Superlattices of OA/OLA-capped CsPbBr₃ NCs (left) and zwitterion-capped CsPbBr₃ NCs (right). (a, e) Fluorescence microscopy images of the obtained cuboid-shaped supercrystals (SEM image in Figure S21). (b) GISAXS patterns showing mosaicity (rings) in the OA/OLA-case and (f) sharp reflections indicating large domain sizes obtained with zwitterion-capped NCs. (c, g) The cross-sectional plots (see corresponding white lines in b, f) yield similar unit cell parameters but larger domain sizes for zwitterion-capped NCs. (d, h) Pictograms representing the crystallographic information found by GISAXS; the mosaicity (reported value is the average mosaicity) is mostly present within the a–b plane of the superlattices.

Figure 5

(a) A 6 K PL spectrum from a supercrystal comprising zwitterion-capped NCs (8.2 × 8.2 × 6.7 nm NCs). The experimental data have been fitted to a sum of two Lorentzian functions, depicted in gray and green.

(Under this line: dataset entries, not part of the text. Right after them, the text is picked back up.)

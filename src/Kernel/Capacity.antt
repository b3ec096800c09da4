-- ===== src/Kernel/Capacity.antt =====
-- The queries of crates/kernel/src/flow.rs, and the reservation of flow and its release.
pub mod Release
pub mod Bounds
pub mod Agreement
use edet.Base.{
  ℕ, ◌-◌, Bool, true, false, Option, none, some, List, [], ◌∷◌, ltb, ◌==◌, if◌then◌else◌,
}
use edet.Base.Sums.{sum_by}
use edet.Map.{Map, update, retain, amount_at}
use edet.Map.Keys.{Ordered, nat_ordered, pair_ordered}
use edet.Kernel.{Edges, Reservations, Committed, Underwriters, u64_max}
use edet.Kernel.Held.{Held}
use edet.Kernel.Held
use edet.Kernel.Routes.{add_at}
use edet.Kernel.Network.{build}
use edet.Kernel.Search.{flow, cap_at}

unfoldable pub capacity_inner :
    Edges → Reservations → Committed → Underwriters → List ℕ → ℕ → ℕ → Bool → ℕ
capacity_inner edges reserved committed uw [] n limit own_supply = 0
capacity_inner edges reserved committed uw (t ∷ targets) n limit own_supply =
    if n == 0
    then 0
    else (flow (build edges reserved committed uw (t ∷ targets) n own_supply) limit).0

unfoldable pub capacity : Edges → Reservations → Committed → Underwriters → List ℕ → ℕ → ℕ → ℕ
unfolding capacity_inner
capacity edges reserved committed uw targets n limit =
    capacity_inner edges reserved committed uw targets n limit false

unfoldable pub capacity_with_own_supply :
    Edges → Reservations → Committed → Underwriters → List ℕ → ℕ → ℕ → ℕ
unfolding capacity_inner
capacity_with_own_supply edges reserved committed uw targets n limit =
    capacity_inner edges reserved committed uw targets n limit true

-- `uw.iter().find(|(u, _)| u == member)`
unfoldable pub declared : ℕ → Underwriters → Option ℕ
declared member [] = none
declared member ((u, supply) ∷ uw) = if u == member then some supply else declared member uw

unfoldable pub conferrable : Edges → Reservations → Committed → Underwriters → ℕ → ℕ → ℕ
unfolding declared capacity
conferrable edges reserved committed uw member n = elim (declared member uw) [
  | some supply ↦ supply
  | none ↦ capacity edges reserved committed uw (member ∷ []) n u64_max
]

unfoldable pub capacity_of : Edges → Reservations → Committed → Underwriters → ℕ → ℕ → ℕ
unfolding capacity
capacity_of edges reserved committed uw account n =
    capacity edges reserved committed uw (account ∷ []) n u64_max

-- One of the two loops of `reserve_inner` after the search: what each arc gave up is charged to
-- its key and noted.
unfoldable pub charge :
    {K : Type 0} ⦃o : Ordered K⦄ → List (K × ℕ) → List ℕ → List ℕ → Map K ℕ → Map K ℕ × List (K × ℕ)
charge [] before after m = (m, [])
charge ((key, a) ∷ arcs) before after m =
    let used = cap_at before a - cap_at after a in
    let (m', noted) = charge arcs before after (if ltb 0 used then add_at key used m else m) in
    (m', if ltb 0 used then (key, used) ∷ noted else noted)

-- What `reserve_inner` returns beside the two maps that it writes.
pub record Reservation : Type 0 where
  pub held : Option Held
  pub reserved : Reservations
  pub committed : Committed

unfoldable pub reserve_inner :
    Edges → Reservations → Committed → Underwriters → ℕ → ℕ → ℕ → Bool → Reservation
unfolding charge
reserve_inner edges reserved committed uw debtor n amount own_supply =
    let net = build edges reserved committed uw (debtor ∷ []) n own_supply in
    let (found, after) = flow net amount in
    let (reserved', on_edges) = charge net.ledger_arc net.cap after.cap reserved in
    let (committed', on_supply) = charge net.supply_arc net.cap after.cap committed in
    if amount == 0
    then record { held = some Held.empty; reserved = reserved; committed = committed }
    else if ltb found amount
    then record { held = none; reserved = reserved; committed = committed }
    else record {
      held = some (record { edges = on_edges; supply = on_supply });
      reserved = reserved';
      committed = committed';
    }

unfoldable pub reserve : Edges → Reservations → Committed → Underwriters → ℕ → ℕ → ℕ → Reservation
unfolding reserve_inner
reserve edges reserved committed uw debtor n amount =
    reserve_inner edges reserved committed uw debtor n amount false

unfoldable pub reserve_with_own_supply :
    Edges → Reservations → Committed → Underwriters → ℕ → ℕ → ℕ → Reservation
unfolding reserve_inner
reserve_with_own_supply edges reserved committed uw debtor n amount =
    reserve_inner edges reserved committed uw debtor n amount true

-- `for (key, amount) in …` with `saturating_sub` on the entry that is there.
unfoldable pub give_back : {K : Type 0} ⦃o : Ordered K⦄ → List (K × ℕ) → Map K ℕ → Map K ℕ
give_back [] m = m
give_back ((key, amount) ∷ es) m = give_back es (update key (λ r. r - amount) m)

abbrev pub nonzero : {K : Type 0} → K → ℕ → Bool
nonzero _ v = ltb 0 v

-- `release`
unfoldable pub release : Reservations → Committed → Held → Reservations × Committed
unfolding give_back
release reserved committed held = (
  retain nonzero (give_back held.edges reserved),
  retain nonzero (give_back held.supply committed),
)

unfoldable pub supply_floor : Committed → ℕ → ℕ
supply_floor committed underwriter = amount_at underwriter committed

unfoldable pub reserved_total : Reservations → ℕ
reserved_total reserved = sum_by (λ e. e.1) reserved

unfoldable pub committed_total : Committed → ℕ
committed_total committed = sum_by (λ e. e.1) committed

The inset shows a log–log plot of both peak heights with power-law fits (solid lines), yielding exponents of m = 0.92 and m = 0.98 for the gray and green peaks, respectively. (b) Color-coded streak camera image obtained with an excitation fluence of 114 μJ/cm². (c) Spectrally integrated time-resolved emission intensity traces for the several excitation fluences. The traces are shifted in time to account for a constant time offset (ca. 22 ps) present in the streak camera images. (d) Measured data (points) and the model curves of: (top) the decay time as a function of the excitation fluence, fitted according to the SF model; (middle) the SF burst peak height that increases superlinearly with excitation fluence, corresponding to a power-law dependence with an exponent m = 1.3; (bottom) the extracted build-up time decreases at high excitation fluence due to the increased interaction among the emitters, and can be well reproduced by the log(N)/N theoretical expected trend.